- Directed by: Benjamín Naishtat
- Written by: Benjamín Naishtat Hernán Ronsino
- Based on: Glaxo by Hernán Ronsino
- Produced by: Benjamin Domenech; Santiago Gallelli; Berta Marchiori; Matias Roveda; Rodrigo Teixeira;
- Starring: Lali Espósito; Esteban Lamothe; Marcelo Subiotto;
- Cinematography: Pedro Sotero
- Production companies: RT Features; Rei Pictures;
- Release date: 11 September 2026 (TIFF);
- Running time: 106 minutes
- Countries: Argentina; Brazil;
- Language: Spanish

= Glaxo (film) =

Glaxo is a 2026 drama film directed by Benjamín Naishtat, co-written with Hernán Ronsino and based on the same name novel by Hernán Ronsino. A co-production of Argentina and Brazil, it follows four young men living in a small Argentinian town which is home to a Glaxo pharmaceutical factory, whose lives and relationships begin to unravel after a retired police officer and his wife move to town.

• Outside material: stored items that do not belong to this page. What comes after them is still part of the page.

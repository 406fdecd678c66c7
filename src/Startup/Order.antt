-- ===== src/Startup/Order.antt =====
-- What has happened when the process (main.go) returns.
use cloudrun.Base.{◌≡◌, refl, sym, ap, subst, ◌∙◌, ◌↔◌, List, [], ◌∷◌, arith}
use cloudrun.Cluster.Outcome.{Outcome, ok, err, panic, Action}
use cloudrun.Startup.{
  Exit, Runtime, application, builder, default_flags, deployer, group_version, init, main, must,
  options_of, or_exit, process, resource_pool, returned, run_manager, scheme_builder,
  setup_application, setup_builder, setup_deployer, setup_resource_pool, setup_workflow, workflow,
}

-- Steps that all succeed, one after the other.
pub data All {W : Type 0} : List (Action W (Unit {0})) → W → W → Type 0 where
  none : {w : W} → All [] w w
  then_ :
      {m : Action W (Unit {0})} {ms : List (Action W (Unit {0}))} {w v u : W}
      → m w ≡ (ok tt, v)
      → All ms v u
      → All (m ∷ ms) w u

module _ {W : Type 0} where
  -- The steps with the exits between them.
  abbrev run_steps : List (Action W (Unit {0})) → W → Exit × W
  run_steps [] w = (returned, w)
  run_steps (m ∷ ms) w = or_exit m (λ _. run_steps ms) w

  or_exit-returned :
      {A : Type 0} (m : Action W A) (f : A → W → Exit × W) (w u : W)
      → or_exit m f w ≡ (returned, u)
      → (a : A) × (v : W) × (m w ≡ (ok a, v)) × (f a v ≡ (returned, u))
  unfolding or_exit
  or_exit-returned {A} m f w u h = by_end (m w) refl
    where
      by_end :
          (q : Outcome A × W)
          → m w ≡ q
          → (a : A) × (v : W) × (m w ≡ (ok a, v)) × (f a v ≡ (returned, u))
      by_end (ok a, v) e = (a, v, e, ground arith)
      by_end (err c, v) e = absurd (ground arith)
      by_end (panic c, v) e = absurd (ground arith)

  run_steps-All :
      (ms : List (Action W (Unit {0}))) (w u : W) → run_steps ms w ≡ (returned, u) → All ms w u
  run_steps-All [] w u h = subst (λ x. All [] w x) (ap (λ q. q.1) h) none
  run_steps-All (m ∷ ms) w u h =
      let (a, v, e, rest) = or_exit-returned m (λ _. run_steps ms) w u h in
      then_ e (run_steps-All ms v u rest)

  All-run_steps :
      (ms : List (Action W (Unit {0}))) (w u : W) → All ms w u → run_steps ms w ≡ (returned, u)
  unfolding or_exit
  All-run_steps [] w u none = refl
  All-run_steps (m ∷ ms) w u (then_ e rest) = rw e (All-run_steps ms _ u rest)

module _ (R : Runtime) where
  -- Before the manager: the two schemes. Behind it: the controllers, the checks, and the start.
  abbrev pub schemes : List (Action R.World (Unit {0}))
  schemes = R.add_client_go ∷ R.add_to_scheme group_version scheme_builder ∷ []

  abbrev pub steps : R.Manager → List (Action R.World (Unit {0}))
  steps m =
      R.complete m application
      ∷ R.complete m builder
      ∷ R.complete m deployer
      ∷ R.complete m workflow
      ∷ R.complete m resource_pool
      ∷ R.add_healthz_check m "healthz"
      ∷ R.add_readyz_check m "readyz"
      ∷ R.start m
      ∷ []

  pub record Started (w u : R.World) : Type 0 where
    pub ready : R.World
    pub made : R.World
    pub manager : R.Manager
    pub has_schemes : All schemes w ready
    pub has_manager :
        R.new_manager (options_of (R.parse default_flags ready).0) (R.parse default_flags ready).1
        ≡ (ok manager, made)
    pub has_steps : All (steps manager) made u

  run_manager-steps : (m : R.Manager) (w : R.World) → run_manager R m w ≡ run_steps (steps m) w
  unfolding run_manager or_exit setup_application setup_builder setup_deployer setup_workflow
      setup_resource_pool
  run_manager-steps m w = refl

  must-ok :
      {A : Type 0} (m : Action R.World A) (w v : R.World) (a : A)
      → must m w ≡ (ok a, v)
      → m w ≡ (ok a, v)
  unfolding must
  must-ok m w v a h = ground arith

  init-schemes : (w v : R.World) → init R w ≡ (ok tt, v) → All schemes w v
  unfolding init must
  init-schemes w v h = by_first (must R.add_client_go w) refl
    where
      by_first : (q : Outcome (Unit {0}) × R.World) → must R.add_client_go w ≡ q → All schemes w v
      by_first (ok tt, x) e = then_ (must-ok R.add_client_go w x tt e) (
          then_ (must-ok (R.add_to_scheme group_version scheme_builder) x v tt (ground arith)) none)
      by_first (err c, x) e = absurd (ground arith)
      by_first (panic c, x) e = absurd (ground arith)

  schemes-init : (w v : R.World) → All schemes w v → init R w ≡ (ok tt, v)
  unfolding init must
  schemes-init w v (then_ e (then_ e' none)) = rw (e, e') refl

  -- The process returns from `main` exactly if every step of the start succeeded, in this order: both
  -- schemes, the manager, the five controllers, the two checks, and the run of the manager; any
  -- other end is an exit or a crash before the steps behind it.
  pub process-returned : (w u : R.World) → (process R w ≡ (returned, u)) ↔ Started w u
  unfolding process main or_exit
  process-returned w u = (
    by_init (init R w) refl,
    λ s.
        rw (schemes-init w s.ready s.has_schemes, s.has_manager)
          (run_manager-steps s.manager s.made
            ∙ All-run_steps (steps s.manager) s.made u s.has_steps),
  )
    where
      by_main : (v : R.World) → init R w ≡ (ok tt, v) → main R v ≡ (returned, u) → Started w u
      by_main v e h =
          let parsed = R.parse default_flags v in
          let (m, x, e', h') =
            or_exit-returned (R.new_manager (options_of parsed.0)) (run_manager R) parsed.1 u h in
          record {
            ready = v;
            made = x;
            manager = m;
            has_schemes = init-schemes w v e;
            has_manager = e';
            has_steps = run_steps-All (steps m) x u (sym (run_manager-steps m x) ∙ h');
          }

      by_init :
          (q : Outcome (Unit {0}) × R.World)
          → init R w ≡ q
          → process R w ≡ (returned, u)
          → Started w u
      by_init (ok tt, v) e h = by_main v e (rw e at h)
      by_init (err c, v) e h = absurd (ground arith)
      by_init (panic c, v) e h = absurd (ground arith)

The film had its world premiere in the Special Presentations section of the 2026 Toronto International Film Festival on 11 September.

== Cast ==

- Lali Espósito
- Marcelo Subiotto
- Esteban Lamothe
- Esteban Bigliardi
- Alan Sabbagh
- Manu Fanego
- Pablo Turturiello
- Martin Armendariz

== Production ==
Principal photography took place between October and late November of 2025.

== Release ==
The film premiered in the Special Presentations program at the 2026 Toronto International Film Festival on 11 September. It was also selected for the main competition of the 74th San Sebastián International Film Festival. In October 2026, it will compete at the 2026 BFI London Film Festival in official competition.